フィアット500Cデュアロジック修理
「調子は良いです」とのコメントを信じ、某ネットオークションにて購入されたという500C。
いざ届いてみると、ギア抜けが頻発しまともに乗ることができないとのことで、他の部分の点検も含め弊社に入庫。
遠方の為、陸送会社にて500Cが届いたので、工場内に入れようと動かしたところ・・・、
突然のデュアロジックオイルがジャジャ漏れ。
確認すると、ポテンショメータ付近より漏れている様です。
デュアロジックは2階建て構造になっており、デュアロジックオイルは2階部分に入っています。ポテンショメータは1階部分に付いています。
簡単に言うと・・・、2階の床が抜けてオイルが1階に流れ込み、1階の弱い所から外部に漏れてしまった様です。
(程度の大小はありますが、ポテンショメータ付近からの漏れは比較的良くある症状です。軽微な漏れは、漏れ止め添加剤で止まることが多いです)
また、ギアが入る瞬間も「ガリッ!」と嫌な音がしていた為、オイルを補充しデュアロジックのキャリブレーションとクラッチの調整を行ってみるもエラーが出てしまい実行できない状況。
診断機で各数値を確認してみると、クラッチが切れている状態にもかかわらずミッションのシャフト(Clutch RPM)が回ってしまっています。実際はクラッチが完全に切れていない様です。
クラッチ各部の数値も少しおかしい様です。
下の動画は、「N」→「R」→「N」とシフトしています。
「N」ではクラッチが切れているにもかかわらず、ミッションインプットシャフト(Clutch RPM)が回転しています(なんらかの原因によりクラッチが完全に切れていない)。 その為、ギアが入る瞬間に大きな異音が出ています。
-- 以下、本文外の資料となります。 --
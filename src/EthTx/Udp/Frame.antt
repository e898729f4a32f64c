-- ===== src/EthTx/Udp/Frame.antt =====
-- The UDP frame of src/eth_tx.rs as a whole.
use pico_10base_t_rs.Prelude.{
  ℕ, ◌+◌, ◌%◌, ◌^◌, ◌≤◌, ◌≡◌, refl, ap, ◌∙◌, true, List, [], ◌∷◌, ◌++◌, arith, length, be16,
  AreBytes, length-append, be16-AreBytes, append-AreBytes, all_bytes-AreBytes,
}
use mathlib.Core.List.{append_assoc}
use pico_10base_t_rs.Prelude.Checked.{ok, after}
use pico_10base_t_rs.Crc.{crc32_ieee802_3}
use pico_10base_t_rs.EthRx.Frames.{verify_fcs}
use pico_10base_t_rs.EthTx.Send.{le32}
use pico_10base_t_rs.EthTx.Send.Frame.{preamble, le32-verify_fcs}
use pico_10base_t_rs.EthTx.Udp.{
  UdpEndpoint, ipv4_checksum, header_words, copy_at, build_eth_ipv4_udp_frame,
}
use pico_10base_t_rs.EthTx.Udp.Built.{
  IsEndpoint, IsAt, head, headed, body_of, checksum, length-head, write_headers-ok, write_field,
  write_datagram-ok,
}
use pico_10base_t_rs.EthTx.Udp.Valid.{
  checksum_valid, header_words-frame, checksum_written, length-headed, headed-AreBytes,
}

-- The whole frame, from the destination address to the FCS.
abbrev pub frame_for : UdpEndpoint → List ℕ → ℕ → List ℕ
frame_for ep payload ip_id =
    let udp_len = (length payload + 8) % 2 ^ 16 in
    let body = body_of ep payload udp_len ip_id (checksum ep udp_len ip_id) in
    body ++ le32 (crc32_ieee802_3 body)

module _ (ep : UdpEndpoint) (payload out : List ℕ) (ip_id : ℕ) (h : IsEndpoint ep)
    (short : length payload ≤ 1472) where
  abbrev udp_len : ℕ
  udp_len = (length payload + 8) % 2 ^ 16

  abbrev body : List ℕ
  body = body_of ep payload udp_len ip_id (checksum ep udp_len ip_id)

  length-body : length body ≡ 42 + length payload
  length-body =
      let c = checksum ep udp_len ip_id in
      let regroup : body
          ≡ headed ep udp_len ip_id c
            ++ (be16 ep.src_port
                ++ (be16 ep.dst_port ++ (be16 udp_len ++ ((0 ∷ 0 ∷ []) ++ payload)))) =
        simp append_assoc in
      omega (
        arith,
        ap length regroup,
        length-append (headed ep udp_len ip_id c)
            (be16 ep.src_port ++ (be16 ep.dst_port ++ (be16 udp_len ++ ((0 ∷ 0 ∷ []) ++ payload)))),
        length-headed ep udp_len ip_id h c,
      )

  body-AreBytes : AreBytes payload → AreBytes body
  body-AreBytes hb =
      append-AreBytes _ _
        (append-AreBytes _ _
          (append-AreBytes _ _
            (append-AreBytes _ _
              (append-AreBytes _ _ (headed-AreBytes ep udp_len ip_id h (checksum ep udp_len ip_id))
                (be16-AreBytes ep.src_port))
              (be16-AreBytes ep.dst_port))
            (be16-AreBytes udp_len))
          (all_bytes-AreBytes (0 ∷ 0 ∷ []) refl))
        hb

  built :
      length out ≡ 1526
      → (tail : List ℕ) × (build_eth_ipv4_udp_frame ep payload out ip_id
          ≡ ok (preamble ++ body ++ le32 (crc32_ieee802_3 body) ++ tail, 50 + length payload + 4))
  unfolding build_eth_ipv4_udp_frame
  built size =
      let c = checksum ep udp_len ip_id in
      let before =
        preamble
        ++ ep.dst_mac
        ++ ep.src_mac
        ++ (0x08 ∷ 0x00 ∷ [])
        ++ (0x45 ∷ 0x00 ∷ [])
        ++ be16 (20 + udp_len)
        ++ be16 ip_id in
      let four : List ℕ = 0x40 ∷ 0x00 ∷ 0x40 ∷ 0x11 ∷ [] in
      let six : List ℕ = 0x40 ∷ 0x00 ∷ 0x40 ∷ 0x11 ∷ 0 ∷ 0 ∷ [] in
      let headers = write_headers-ok ep udp_len out ip_id h size in
      let rest = headers.0 in
      let regroup : before ++ four ≡ preamble ++ head ep udp_len ip_id = simp append_assoc in
      let at : length (before ++ four) ≡ 32 = omega (
        arith,
        ap length regroup,
        length-append preamble (head ep udp_len ip_id),
        length-head ep udp_len ip_id h,
      ) in
      let field = write_field before four ep.src_ip ep.dst_ip rest c 32 at in
      let done : before ++ four ++ be16 c ++ ep.src_ip ++ ep.dst_ip ++ rest
          ≡ preamble ++ headed ep udp_len ip_id c ++ rest =
        simp append_assoc in
      let start : IsAt (preamble ++ headed ep udp_len ip_id c) rest 42 = record {
        at = omega (
          arith,
          length-append preamble (headed ep udp_len ip_id c),
          length-headed ep udp_len ip_id h c,
        );
        size = headers.2;
      } in
      let datagram =
        write_datagram-ok ep payload udp_len (headed ep udp_len ip_id c) rest start short in
      (
        datagram.0,
        after _ (headers.1) (
            after _
              (ap (λ x. copy_at (before ++ six ++ ep.src_ip ++ ep.dst_ip ++ rest) 32 (be16 x))
                  (checksum_written ep udp_len ip_id h before rest regroup)
                ∙ field
                ∙ ap ok done)
              (datagram.1)),
      )

  -- For an endpoint and a payload of bytes of at most 1472, the writes into the scratch buffer all fit;
  -- they give the preamble and the frame for that payload and its length; the receiver's FCS test
  -- accepts the frame, and the checksum over its IP header is 0, as a receiver of the packet tests it.
  pub build_eth_ipv4_udp_frame-IsFrame :
      AreBytes payload
      → length out ≡ 1526
      → let frame = frame_for ep payload ip_id in
        ((tail : List ℕ) × (build_eth_ipv4_udp_frame ep payload out ip_id
            ≡ ok (preamble ++ frame ++ tail, length (preamble ++ frame))))
        × (length frame ≡ 46 + length payload)
        × (verify_fcs frame (length frame) ≡ true)
        × (ipv4_checksum (header_words frame 10 14) ≡ 0)
  build_eth_ipv4_udp_frame-IsFrame hb size =
      let c = checksum ep udp_len ip_id in
      let fcs = le32 (crc32_ieee802_3 body) in
      let made = built size in
      let bytes : preamble ++ body ++ fcs ++ made.0 ≡ preamble ++ (body ++ fcs) ++ made.0 =
        simp append_assoc in
      let long : length (body ++ fcs) ≡ 46 + length payload =
        omega (arith, length-append body fcs, length-body) in
      let number : 50 + length payload + 4 ≡ length (preamble ++ (body ++ fcs)) =
        omega (arith, length-append preamble (body ++ fcs), long) in
      let regroup : body ++ fcs
          ≡ headed ep udp_len ip_id c
            ++ (be16 ep.src_port
                ++ (be16 ep.dst_port ++ (be16 udp_len ++ ((0 ∷ 0 ∷ []) ++ (payload ++ fcs))))) =
        simp append_assoc in
      (
        (
          made.0,
          made.1
              ∙ ap (λ l. ok (l, 50 + length payload + 4)) bytes
              ∙ ap (λ n. ok (preamble ++ (body ++ fcs) ++ made.0, n)) number,
        ),
        long,
        le32-verify_fcs body (body-AreBytes hb) (omega (arith, length-body)),
        ap (λ l. ipv4_checksum (header_words l 10 14)) regroup
            ∙ ap ipv4_checksum (header_words-frame ep udp_len ip_id h _)
            ∙ (checksum_valid ep udp_len ip_id h).1,
      )
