-- ===== src/EthTx/Tests.antt =====
-- Runs of src/eth_tx.rs.
use pico_10base_t_rs.Prelude.{
  ℕ, zero, suc, ◌+◌, max, ◌≡◌, refl, Bool, true, false, List, [], ◌∷◌, ◌++◌, arith, length, map,
  take, replicate, length-replicate, all_bytes-AreBytes,
}
use pico_10base_t_rs.Prelude.Checked.{ok}
use pico_10base_t_rs.EthRx.Frames.{verify_fcs}
use pico_10base_t_rs.Manchester.Code.{word, code, decode, manchester_table-decode}
use pico_10base_t_rs.EthTx.{EthTx, csma_acquire}
use pico_10base_t_rs.EthTx.Send.{tp_idl, ifg, send_raw_frame}
use pico_10base_t_rs.EthTx.Send.Frame.{preamble, frame_of, send_raw_frame-verify_fcs}
use pico_10base_t_rs.EthTx.Carrier.{IsAcquired, IsSeed, csma_acquire-IsAcquired}
use pico_10base_t_rs.EthTx.Udp.{
  UdpEndpoint, ipv4_checksum, header_words, build_eth_ipv4_udp_frame, max_tx_frame,
}
use pico_10base_t_rs.EthTx.Udp.Built.{IsEndpoint}
use pico_10base_t_rs.EthTx.Udp.Frame.{frame_for, build_eth_ipv4_udp_frame-IsFrame}

abbrev fresh : EthTx
fresh = record { ip_identifier = 0; lfsr = 0x2545F491; readings = 0; delays = []; line = [] }

-- The wire is busy at the first two readings.
abbrev carrier : ℕ → Bool
carrier zero = true
carrier (suc zero) = true
carrier _ = false

abbrev hello : List ℕ
hello = 0x48 ∷ 0x65 ∷ 0x6C ∷ 0x6C ∷ 0x6F ∷ []

abbrev endpoint : UdpEndpoint
endpoint = record {
  src_mac = 0x02 ∷ 0x00 ∷ 0x00 ∷ 0x00 ∷ 0x00 ∷ 0x01 ∷ [];
  dst_mac = replicate 6 0xFF;
  src_ip = 192 ∷ 168 ∷ 37 ∷ 24 ∷ [];
  dst_ip = 192 ∷ 168 ∷ 37 ∷ 19 ∷ [];
  src_port = 1234;
  dst_port = 1234;
}

endpoint-IsEndpoint : IsEndpoint endpoint
endpoint-IsEndpoint = record {
  src_mac_length = refl;
  dst_mac_length = refl;
  src_ip_length = refl;
  dst_ip_length = refl;
  src_mac_bytes = all_bytes-AreBytes (endpoint.src_mac) refl;
  dst_mac_bytes = all_bytes-AreBytes (endpoint.dst_mac) refl;
  src_ip_bytes = all_bytes-AreBytes (endpoint.src_ip) refl;
  dst_ip_bytes = all_bytes-AreBytes (endpoint.dst_ip) refl;
}

manchester_table-decode_example : (word 0xD5 ≡ code 8 0xD5) × (decode 8 (word 0xD5) ≡ 0xD5)
manchester_table-decode_example = manchester_table-decode 0xD5 (omega arith)

send_raw_frame-verify_fcs_example :
    (words : List ℕ) × ((send_raw_frame false carrier hello fresh).line
      ≡ fresh.line ++ (words ++ (tp_idl ∷ []) ++ ifg))
    × (map (decode 8) words ≡ preamble ++ frame_of hello)
    × (verify_fcs (frame_of hello) (length (frame_of hello)) ≡ true)
    × (length (frame_of hello) ≡ max (length hello) 60 + 4)
    × (take (length hello) (frame_of hello) ≡ hello)
send_raw_frame-verify_fcs_example =
    send_raw_frame-verify_fcs false carrier hello fresh (all_bytes-AreBytes hello refl)

csma_acquire-IsAcquired_example :
    IsAcquired carrier 10 fresh (csma_acquire carrier fresh)
    × IsSeed ((csma_acquire carrier fresh).lfsr)
csma_acquire-IsAcquired_example =
    csma_acquire-IsAcquired carrier fresh (λ e. absurd (omega (arith, e)), omega arith)

build_eth_ipv4_udp_frame-IsFrame_example :
    let frame = frame_for endpoint hello 7 in
    ((tail : List ℕ) × (build_eth_ipv4_udp_frame endpoint hello (replicate max_tx_frame 0) 7
        ≡ ok (preamble ++ frame ++ tail, length (preamble ++ frame))))
    × (length frame ≡ 46 + length hello)
    × (verify_fcs frame (length frame) ≡ true)
    × (ipv4_checksum (header_words frame 10 14) ≡ 0)
build_eth_ipv4_udp_frame-IsFrame_example =
    build_eth_ipv4_udp_frame-IsFrame endpoint hello (replicate max_tx_frame 0) 7 endpoint-IsEndpoint
      (omega arith) (all_bytes-AreBytes hello refl) (length-replicate {A = ℕ} max_tx_frame 0)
(ギアが入るとタイヤは地面に着地している為、0RPMになっていますが、クラッチが切れきれていない為、車は進みたがっています)
ちなみに正常な車両はこのような感じです。
「N」→「R」→「N」とシフトしています。
完全にクラッチが切れているので、ニュートラルでもギアが入ってもミッションのシャフトは0RPMです。
オイル漏れを修理できないことは無いのですが、コストなどを考慮するとあまり現実的では無い為、偶然タイミングよく見つけることができた程度の良さそうな中古のデュアロジック(しかも対策済みの新しいデュアロジック)をベースに、不具合が出やすい持病箇所の部品を交換して載せ替えることに。(中古を使用する際はタイミングと当たりはずれが有ります)
メンテナンス履歴が不明の為、タイミングベルトとウォーターポンプも確認します。
ウォーターポンプは漏れが有る様です。
タイミングベルトは交換履歴が有る様で、ヒビ割れが酷いという程ではありませんでしたが、タイミングベルトを張っているテンショナーが全く張られておらず、タイミングベルトがダルダルゆるゆるの状態でした。コマ飛びはしていない様子でしたので一安心。
今回のデュアロジック不調及びクラッチ切れ不良の原因の一つがこの部品です。
プッシュロッドの当たり部が摩耗してしまい4mmほど穴が深くなっていました。
デュアロジックは頑張ってこの部品を押して仕事を遂行していたようですが、実際のクラッチ内部は4mm少ない所までしか動いていなかったようです。
気になる部分全てを修理し絶好調になりました。
深夜バスなどを乗り継ぎ車を取りに来られ、片道約550kmを自走でお帰りになられ、全く不安なく絶好調でしたとご報告いただきました。
遠方よりお越しいただきありがとうございました。